The specific endpoint code that is used to upload files to the server:

@app.route('/upload', methods=['POST'])
def upload_file():
    data = request.json

    print(data)

    if not data or 'openaiFileIdRefs' not in data or len(data['openaiFileIdRefs']) == 0:
        return jsonify({"error": "No files to upload"}), 400

    file_paths = []
    try:
        for file_ref in data['openaiFileIdRefs']:
            response = requests.get(file_ref['download_link'])
            if response.status_code == 200:
                file_path = os.path.join('files', file_ref['name'])
                with open(file_path, 'wb') as f:
                    f.write(response.content)
                file_paths.append(file_path)
            else:
                return jsonify({"error": f"Failed to download file {file_ref['name']}"}), 500

        return jsonify({"file_paths": file_paths}), 200
    except Exception as e:
        return jsonify({"error": str(e)}), 500

The only error that occurs is error 400, the assistant simply does not transfer the list of files, to which my code responds with an error

Thanks in advance to everyone who will participate in this topic!

Indeed, the built it interpreter is impossible to control, and I wanted to build interpreter for with my own context.

I struggled with this, trying openaiFileResponse (didn’t work - was able to send files I uploaded, but not the generated code), sending files with base64 (gpt is doing mistakes in the code, forgetting parenthesis), and finally what worked for me is simply to send the file as text.

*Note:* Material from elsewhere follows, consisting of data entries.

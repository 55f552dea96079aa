-- ===== src/Refinement/Routing.antt =====
-- The switches on the opcode agree with the opcode matrix of docs/6502-manual.md, and with one
-- another. Each is checked on all 256 opcodes.
use sys.Base.{ℕ, IsByte, ◌≡◌, refl, true}
use sys.Base.Tables.{
  all_below, all_below_sound, decides, decides_sound, dec-both, dec-three, dec-not,
}
use native.Mathlib.Decide.{ℕ_discrete}
use sys.Cpu.BinarySwitch.{BinaryCase, ResultCase, apply_binary_case, commit_binary_case}
use sys.Cpu.CaptureSwitch.{capture_case}
use sys.Cpu.CommitSwitch.{commit_case}
use sys.Cpu.Handler.{Handler}
use sys.Cpu.MoveSwitch.{RegisterCase, load_case, store_case}
use sys.Cpu.UnarySwitch.{UnaryCase, UnaryResultCase, apply_unary_case, commit_unary_case}
use sys.Isa.Decode.{decode}
use sys.Isa.Instr.{
  Mode, Instr, Place, accumulator, memory, binary, unary, load, store, branch, implied, control,
  undocumented,
}
use sys.Refinement.Binary.{apply_of as binary_apply, result_of as binary_result}
use sys.Refinement.Flow.{condition_opcode, control_opcode, control_handler}
use sys.Refinement.Implied.{opcode_of, implied_handler}
use sys.Refinement.Load.{case_of, load_handler}
use sys.Refinement.Read.{read_handler}
use sys.Refinement.Store.{store_handler}
use sys.Refinement.Unary.{apply_of as unary_apply, result_of as unary_result}

-- The capture/commit pair that an instruction needs.
abbrev pub place_handler : Place → Handler
place_handler accumulator = Handler.shift_accumulator
place_handler (memory Mode.zero_page) = Handler.rmw_zero_page
place_handler (memory Mode.zero_page_x) = Handler.rmw_zero_page_x
place_handler (memory Mode.absolute) = Handler.rmw_absolute
place_handler (memory Mode.absolute_x) = Handler.rmw_absolute_x
place_handler (memory _) = Handler.unimplemented

abbrev pub handler_of : Instr → Handler
handler_of (binary op mode) = read_handler mode
handler_of (unary op place) = place_handler place
handler_of (load reg mode) = load_handler mode
handler_of (store reg mode) = store_handler mode
handler_of (branch cond) = Handler.branch
handler_of (implied op) = implied_handler op
handler_of (control op) = control_handler op
handler_of undocumented = Handler.unimplemented

-- The handler is not the `default` unless the manual lacks the opcode, and the inner switches of
-- the family know the opcode.
abbrev pub Inner : Instr → ℕ → Type 0
Inner (binary op mode) n =
    (apply_binary_case n ≡ binary_apply op)
    × (commit_binary_case n ≡ binary_result op)
    × ¬ (mode ≡ Mode.zero_page_y)
Inner (unary op place) n =
    (apply_unary_case n ≡ unary_apply op)
    × (commit_unary_case n ≡ unary_result op)
    × ¬ (place_handler place ≡ Handler.unimplemented)
Inner (load reg mode) n = load_case n ≡ case_of reg
Inner (store reg mode) n = (store_case n ≡ case_of reg) × ¬ (mode ≡ Mode.immediate)
Inner (branch cond) n = n ≡ condition_opcode cond
Inner (implied op) n = n ≡ opcode_of op
Inner (control op) n = n ≡ control_opcode op
Inner undocumented n = Unit {0}

abbrev pub Routed : ℕ → Type 0
Routed n =
    (capture_case n ≡ handler_of (decode n))
    × (commit_case n ≡ handler_of (decode n))
    × Inner (decode n) n

Handler-discrete : Discrete Handler
Handler-discrete = hlevel

BinaryCase-discrete : Discrete BinaryCase
BinaryCase-discrete = hlevel

ResultCase-discrete : Discrete ResultCase
ResultCase-discrete = hlevel

UnaryCase-discrete : Discrete UnaryCase
UnaryCase-discrete = hlevel

UnaryResultCase-discrete : Discrete UnaryResultCase
UnaryResultCase-discrete = hlevel

RegisterCase-discrete : Discrete RegisterCase
RegisterCase-discrete = hlevel

Mode-discrete : Discrete Mode
Mode-discrete = hlevel

dec-Inner : (i : Instr) (n : ℕ) → Dec (Inner i n)
unfolding dec-both dec-three dec-not Handler-discrete BinaryCase-discrete ResultCase-discrete
    UnaryCase-discrete UnaryResultCase-discrete RegisterCase-discrete Mode-discrete ℕ_discrete
dec-Inner (binary op mode) n =
    dec-three (BinaryCase-discrete (apply_binary_case n) (binary_apply op))
      (ResultCase-discrete (commit_binary_case n) (binary_result op))
      (dec-not (Mode-discrete mode Mode.zero_page_y))
dec-Inner (unary op place) n =
    dec-three (UnaryCase-discrete (apply_unary_case n) (unary_apply op))
      (UnaryResultCase-discrete (commit_unary_case n) (unary_result op))
      (dec-not (Handler-discrete (place_handler place) Handler.unimplemented))
dec-Inner (load reg mode) n = RegisterCase-discrete (load_case n) (case_of reg)
dec-Inner (store reg mode) n =
    dec-both (RegisterCase-discrete (store_case n) (case_of reg))
      (dec-not (Mode-discrete mode Mode.immediate))
dec-Inner (branch cond) n = ℕ_discrete n (condition_opcode cond)
dec-Inner (implied op) n = ℕ_discrete n (opcode_of op)
dec-Inner (control op) n = ℕ_discrete n (control_opcode op)
dec-Inner undocumented n = yes tt

dec-Routed : (n : ℕ) → Dec (Routed n)
unfolding dec-Inner dec-three Handler-discrete
dec-Routed n =
    dec-three (Handler-discrete (capture_case n) (handler_of (decode n)))
      (Handler-discrete (commit_case n) (handler_of (decode n))) (dec-Inner (decode n) n)

routed_table : all_below 256 (λ n. decides (dec-Routed n)) ≡ true
unfolding all_below decides dec-Routed decode capture_case commit_case apply_binary_case
    commit_binary_case apply_unary_case commit_unary_case load_case store_case
routed_table = refl

-- For every byte as opcode, the switches of the two clock edges choose the same handler, the one
-- for the manual's instruction and addressing mode, and the switches inside shared handlers choose
-- the manual's operation or register.
pub routed : (n : ℕ) → IsByte n → Routed n
routed n h =
    decides_sound (dec-Routed n)
      (all_below_sound 256 (λ k. decides (dec-Routed k)) n routed_table h)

Here’s the relevant action description:
post:
operationId: testCode
description: Gets code, run it, and get the results of the code run
x-openai-isConsequential: false
requestBody:
required: true
description: code
content:
application/json:
schema:
type: object
properties:
code:
type: string
format: byte
description: Code that is using pippete.

For the server, I used aws lambda.
The result is nice: GPT is generating code, sending to the lambda service, and if there are errors - it can fix those on the fly and resend.